> EXERCISE REQUIREMENTS
Reproduce the records below exactly, but only between the lines holding "unfoldable pub handle" and "handle (expire_key key", inclusive.

> GIVEN DATA
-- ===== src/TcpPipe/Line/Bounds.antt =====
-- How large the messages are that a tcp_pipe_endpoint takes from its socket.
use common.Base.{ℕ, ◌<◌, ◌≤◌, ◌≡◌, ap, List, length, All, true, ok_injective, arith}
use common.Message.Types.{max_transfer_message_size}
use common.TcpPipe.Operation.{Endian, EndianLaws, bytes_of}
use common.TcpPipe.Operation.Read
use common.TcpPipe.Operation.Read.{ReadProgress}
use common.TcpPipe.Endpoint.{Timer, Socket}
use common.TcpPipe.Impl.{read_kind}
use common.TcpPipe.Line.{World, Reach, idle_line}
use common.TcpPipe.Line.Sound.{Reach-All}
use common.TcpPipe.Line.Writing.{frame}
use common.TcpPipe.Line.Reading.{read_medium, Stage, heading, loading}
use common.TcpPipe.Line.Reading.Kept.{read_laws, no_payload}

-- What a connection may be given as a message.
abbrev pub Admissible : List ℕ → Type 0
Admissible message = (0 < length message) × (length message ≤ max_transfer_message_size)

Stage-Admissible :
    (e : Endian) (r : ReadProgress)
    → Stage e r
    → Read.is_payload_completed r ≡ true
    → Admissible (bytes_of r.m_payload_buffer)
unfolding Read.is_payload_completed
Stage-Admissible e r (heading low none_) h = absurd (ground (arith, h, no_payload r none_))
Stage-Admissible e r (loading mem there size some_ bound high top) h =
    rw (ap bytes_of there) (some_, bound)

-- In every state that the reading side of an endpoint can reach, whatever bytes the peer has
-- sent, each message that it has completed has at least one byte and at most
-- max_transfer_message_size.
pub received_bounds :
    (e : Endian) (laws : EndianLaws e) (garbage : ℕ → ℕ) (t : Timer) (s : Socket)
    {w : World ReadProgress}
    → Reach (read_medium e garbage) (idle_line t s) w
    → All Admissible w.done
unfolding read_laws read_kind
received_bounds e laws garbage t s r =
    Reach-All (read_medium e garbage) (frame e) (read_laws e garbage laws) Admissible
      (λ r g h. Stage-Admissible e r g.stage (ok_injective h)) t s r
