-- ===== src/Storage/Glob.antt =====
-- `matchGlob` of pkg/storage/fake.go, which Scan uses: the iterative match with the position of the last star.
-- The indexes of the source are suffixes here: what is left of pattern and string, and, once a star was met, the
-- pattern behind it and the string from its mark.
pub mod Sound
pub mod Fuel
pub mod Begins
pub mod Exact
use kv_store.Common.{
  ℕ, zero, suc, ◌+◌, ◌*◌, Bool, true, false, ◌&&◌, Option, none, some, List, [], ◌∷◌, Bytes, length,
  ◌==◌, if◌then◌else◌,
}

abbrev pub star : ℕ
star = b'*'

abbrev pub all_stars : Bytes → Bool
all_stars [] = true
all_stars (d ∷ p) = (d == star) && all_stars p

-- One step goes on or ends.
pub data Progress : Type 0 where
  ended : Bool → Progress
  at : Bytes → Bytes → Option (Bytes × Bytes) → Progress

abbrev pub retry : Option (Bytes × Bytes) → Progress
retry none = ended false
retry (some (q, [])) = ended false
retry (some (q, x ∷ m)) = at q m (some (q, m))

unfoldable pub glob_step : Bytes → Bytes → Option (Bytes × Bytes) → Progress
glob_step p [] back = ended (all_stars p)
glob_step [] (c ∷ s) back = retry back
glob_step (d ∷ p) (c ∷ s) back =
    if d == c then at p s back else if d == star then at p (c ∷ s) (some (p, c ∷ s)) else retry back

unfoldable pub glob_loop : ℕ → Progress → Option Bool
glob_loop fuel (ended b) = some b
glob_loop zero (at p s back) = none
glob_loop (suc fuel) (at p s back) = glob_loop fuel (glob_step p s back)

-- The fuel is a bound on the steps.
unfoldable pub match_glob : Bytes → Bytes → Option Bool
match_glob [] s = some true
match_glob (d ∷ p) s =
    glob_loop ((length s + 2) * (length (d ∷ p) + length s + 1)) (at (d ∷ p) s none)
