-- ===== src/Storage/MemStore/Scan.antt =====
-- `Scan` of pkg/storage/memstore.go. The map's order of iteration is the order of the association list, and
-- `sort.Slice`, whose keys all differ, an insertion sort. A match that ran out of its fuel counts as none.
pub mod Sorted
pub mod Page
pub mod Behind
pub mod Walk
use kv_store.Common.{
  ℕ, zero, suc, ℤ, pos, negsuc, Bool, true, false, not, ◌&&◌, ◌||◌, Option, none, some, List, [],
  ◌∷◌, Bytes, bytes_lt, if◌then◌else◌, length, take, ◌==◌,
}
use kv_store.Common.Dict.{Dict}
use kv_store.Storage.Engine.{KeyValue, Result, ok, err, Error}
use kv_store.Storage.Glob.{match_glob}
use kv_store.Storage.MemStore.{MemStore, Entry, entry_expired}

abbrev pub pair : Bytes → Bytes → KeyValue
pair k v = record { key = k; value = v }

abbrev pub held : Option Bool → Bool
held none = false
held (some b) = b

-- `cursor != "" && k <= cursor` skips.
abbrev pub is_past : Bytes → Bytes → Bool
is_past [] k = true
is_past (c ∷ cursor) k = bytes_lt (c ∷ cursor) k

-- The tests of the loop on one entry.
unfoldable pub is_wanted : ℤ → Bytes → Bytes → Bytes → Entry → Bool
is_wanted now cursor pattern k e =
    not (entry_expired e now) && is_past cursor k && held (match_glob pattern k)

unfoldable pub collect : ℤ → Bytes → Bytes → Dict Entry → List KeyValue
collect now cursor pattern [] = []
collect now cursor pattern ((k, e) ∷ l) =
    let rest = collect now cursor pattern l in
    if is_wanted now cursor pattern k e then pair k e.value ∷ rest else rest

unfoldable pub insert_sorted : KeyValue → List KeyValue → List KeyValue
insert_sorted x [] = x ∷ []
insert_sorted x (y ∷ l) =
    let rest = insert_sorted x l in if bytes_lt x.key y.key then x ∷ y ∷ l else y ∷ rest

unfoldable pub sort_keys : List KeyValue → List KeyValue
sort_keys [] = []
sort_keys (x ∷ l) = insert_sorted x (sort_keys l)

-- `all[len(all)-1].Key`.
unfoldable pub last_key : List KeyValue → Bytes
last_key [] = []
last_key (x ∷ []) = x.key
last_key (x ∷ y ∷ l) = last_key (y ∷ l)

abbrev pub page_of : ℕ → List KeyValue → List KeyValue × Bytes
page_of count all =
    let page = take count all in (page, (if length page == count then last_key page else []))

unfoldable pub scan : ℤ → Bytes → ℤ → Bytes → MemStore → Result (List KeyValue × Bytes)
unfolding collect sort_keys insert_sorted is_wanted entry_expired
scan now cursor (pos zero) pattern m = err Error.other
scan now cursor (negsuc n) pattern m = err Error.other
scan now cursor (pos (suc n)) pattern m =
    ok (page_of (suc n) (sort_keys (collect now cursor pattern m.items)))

==

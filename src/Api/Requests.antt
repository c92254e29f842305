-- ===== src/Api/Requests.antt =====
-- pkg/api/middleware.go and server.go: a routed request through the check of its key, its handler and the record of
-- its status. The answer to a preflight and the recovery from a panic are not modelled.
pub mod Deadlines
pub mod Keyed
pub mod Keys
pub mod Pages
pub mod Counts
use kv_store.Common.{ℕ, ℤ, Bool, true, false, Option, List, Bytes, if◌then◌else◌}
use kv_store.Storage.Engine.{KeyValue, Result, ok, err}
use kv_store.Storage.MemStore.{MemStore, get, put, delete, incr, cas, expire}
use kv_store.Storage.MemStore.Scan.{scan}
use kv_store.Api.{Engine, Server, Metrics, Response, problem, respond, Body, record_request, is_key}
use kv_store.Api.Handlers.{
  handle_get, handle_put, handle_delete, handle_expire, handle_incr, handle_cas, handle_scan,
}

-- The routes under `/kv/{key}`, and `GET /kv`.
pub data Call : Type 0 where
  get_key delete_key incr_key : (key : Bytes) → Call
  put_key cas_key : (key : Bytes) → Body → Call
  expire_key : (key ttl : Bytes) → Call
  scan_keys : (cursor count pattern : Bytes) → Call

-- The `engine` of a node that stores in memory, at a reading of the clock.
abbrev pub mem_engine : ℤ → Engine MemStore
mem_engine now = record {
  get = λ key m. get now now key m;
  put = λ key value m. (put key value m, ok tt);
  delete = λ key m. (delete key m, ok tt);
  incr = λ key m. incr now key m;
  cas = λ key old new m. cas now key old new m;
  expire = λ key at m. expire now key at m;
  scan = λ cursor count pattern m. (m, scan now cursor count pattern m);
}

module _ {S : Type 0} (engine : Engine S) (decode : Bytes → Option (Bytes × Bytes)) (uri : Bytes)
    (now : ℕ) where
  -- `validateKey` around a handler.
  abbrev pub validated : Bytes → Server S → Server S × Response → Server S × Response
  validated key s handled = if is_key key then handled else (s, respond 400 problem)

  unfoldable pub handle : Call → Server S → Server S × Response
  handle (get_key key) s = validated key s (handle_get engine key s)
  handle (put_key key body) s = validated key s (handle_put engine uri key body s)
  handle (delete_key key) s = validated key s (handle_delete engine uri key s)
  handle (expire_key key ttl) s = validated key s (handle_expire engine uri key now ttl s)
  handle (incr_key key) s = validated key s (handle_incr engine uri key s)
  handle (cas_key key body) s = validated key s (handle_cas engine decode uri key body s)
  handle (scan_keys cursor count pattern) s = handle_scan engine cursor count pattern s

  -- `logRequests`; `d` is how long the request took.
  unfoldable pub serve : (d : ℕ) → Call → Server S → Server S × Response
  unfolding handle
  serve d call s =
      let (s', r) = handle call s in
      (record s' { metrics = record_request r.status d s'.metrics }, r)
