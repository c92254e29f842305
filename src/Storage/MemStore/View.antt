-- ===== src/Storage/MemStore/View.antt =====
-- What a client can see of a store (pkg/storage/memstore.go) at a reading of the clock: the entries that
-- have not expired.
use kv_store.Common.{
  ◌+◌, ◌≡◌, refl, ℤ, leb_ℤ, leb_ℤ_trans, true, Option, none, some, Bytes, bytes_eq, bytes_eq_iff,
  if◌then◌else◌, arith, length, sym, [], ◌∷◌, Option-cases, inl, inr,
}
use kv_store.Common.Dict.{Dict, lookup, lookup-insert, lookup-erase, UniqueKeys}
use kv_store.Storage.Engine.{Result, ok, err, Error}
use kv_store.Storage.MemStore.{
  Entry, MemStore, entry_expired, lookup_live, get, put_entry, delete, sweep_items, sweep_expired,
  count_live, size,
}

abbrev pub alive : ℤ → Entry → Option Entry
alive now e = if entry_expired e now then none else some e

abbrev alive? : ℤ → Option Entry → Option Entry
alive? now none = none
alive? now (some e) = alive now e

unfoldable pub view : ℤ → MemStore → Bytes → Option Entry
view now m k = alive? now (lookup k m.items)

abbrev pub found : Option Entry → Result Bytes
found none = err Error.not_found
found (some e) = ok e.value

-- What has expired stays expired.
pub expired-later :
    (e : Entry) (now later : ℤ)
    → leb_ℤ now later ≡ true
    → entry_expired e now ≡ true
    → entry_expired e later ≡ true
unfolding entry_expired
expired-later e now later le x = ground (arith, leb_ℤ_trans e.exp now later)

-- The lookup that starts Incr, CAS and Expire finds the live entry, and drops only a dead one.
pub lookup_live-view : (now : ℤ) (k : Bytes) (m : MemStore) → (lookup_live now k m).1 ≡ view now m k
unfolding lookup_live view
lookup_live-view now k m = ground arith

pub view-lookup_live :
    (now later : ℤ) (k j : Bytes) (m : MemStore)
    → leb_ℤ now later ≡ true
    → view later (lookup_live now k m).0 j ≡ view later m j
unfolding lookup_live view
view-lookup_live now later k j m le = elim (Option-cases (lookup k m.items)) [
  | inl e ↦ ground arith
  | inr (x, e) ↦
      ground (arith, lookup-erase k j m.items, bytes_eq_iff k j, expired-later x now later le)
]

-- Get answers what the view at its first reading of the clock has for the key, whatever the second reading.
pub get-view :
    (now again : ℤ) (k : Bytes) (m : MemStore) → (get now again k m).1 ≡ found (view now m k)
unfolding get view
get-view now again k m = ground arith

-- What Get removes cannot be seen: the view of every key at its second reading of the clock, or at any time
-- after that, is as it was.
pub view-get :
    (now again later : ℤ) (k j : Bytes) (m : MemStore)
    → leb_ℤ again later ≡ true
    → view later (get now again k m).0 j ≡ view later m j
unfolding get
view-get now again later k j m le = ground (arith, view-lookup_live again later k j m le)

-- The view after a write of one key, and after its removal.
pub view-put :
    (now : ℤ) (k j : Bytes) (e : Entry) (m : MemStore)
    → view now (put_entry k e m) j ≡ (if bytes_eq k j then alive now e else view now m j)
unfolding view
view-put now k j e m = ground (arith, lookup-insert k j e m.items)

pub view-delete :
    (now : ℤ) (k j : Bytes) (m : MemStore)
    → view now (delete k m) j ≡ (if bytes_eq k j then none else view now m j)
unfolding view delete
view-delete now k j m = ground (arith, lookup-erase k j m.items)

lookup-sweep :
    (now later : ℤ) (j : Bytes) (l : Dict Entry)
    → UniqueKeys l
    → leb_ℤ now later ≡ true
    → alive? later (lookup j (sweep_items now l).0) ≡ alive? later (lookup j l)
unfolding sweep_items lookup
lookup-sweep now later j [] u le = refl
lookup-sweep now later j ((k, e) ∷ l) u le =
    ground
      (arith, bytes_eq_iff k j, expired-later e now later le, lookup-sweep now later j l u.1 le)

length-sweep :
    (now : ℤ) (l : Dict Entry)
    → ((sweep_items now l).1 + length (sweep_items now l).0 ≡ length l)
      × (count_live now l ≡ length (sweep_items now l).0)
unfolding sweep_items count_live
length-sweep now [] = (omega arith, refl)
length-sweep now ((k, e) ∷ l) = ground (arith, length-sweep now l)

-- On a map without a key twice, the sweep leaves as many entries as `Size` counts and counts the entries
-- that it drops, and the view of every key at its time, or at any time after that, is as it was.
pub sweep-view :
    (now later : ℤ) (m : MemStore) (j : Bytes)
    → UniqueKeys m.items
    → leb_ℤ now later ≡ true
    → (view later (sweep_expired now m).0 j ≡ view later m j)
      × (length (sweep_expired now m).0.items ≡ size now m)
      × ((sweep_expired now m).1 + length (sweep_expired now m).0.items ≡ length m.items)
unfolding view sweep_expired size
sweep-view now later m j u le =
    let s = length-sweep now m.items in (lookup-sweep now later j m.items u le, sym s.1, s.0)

> COMPLETED TASK
  unfoldable pub handle : Call → Server S → Server S × Response
  handle (get_key key) s = validated key s (handle_get engine key s)
  handle (put_key key body) s = validated key s (handle_put engine uri key body s)
  handle (delete_key key) s = validated key s (handle_delete engine uri key s)
  handle (expire_key key ttl) s = validated key s (handle_expire engine uri key now ttl s)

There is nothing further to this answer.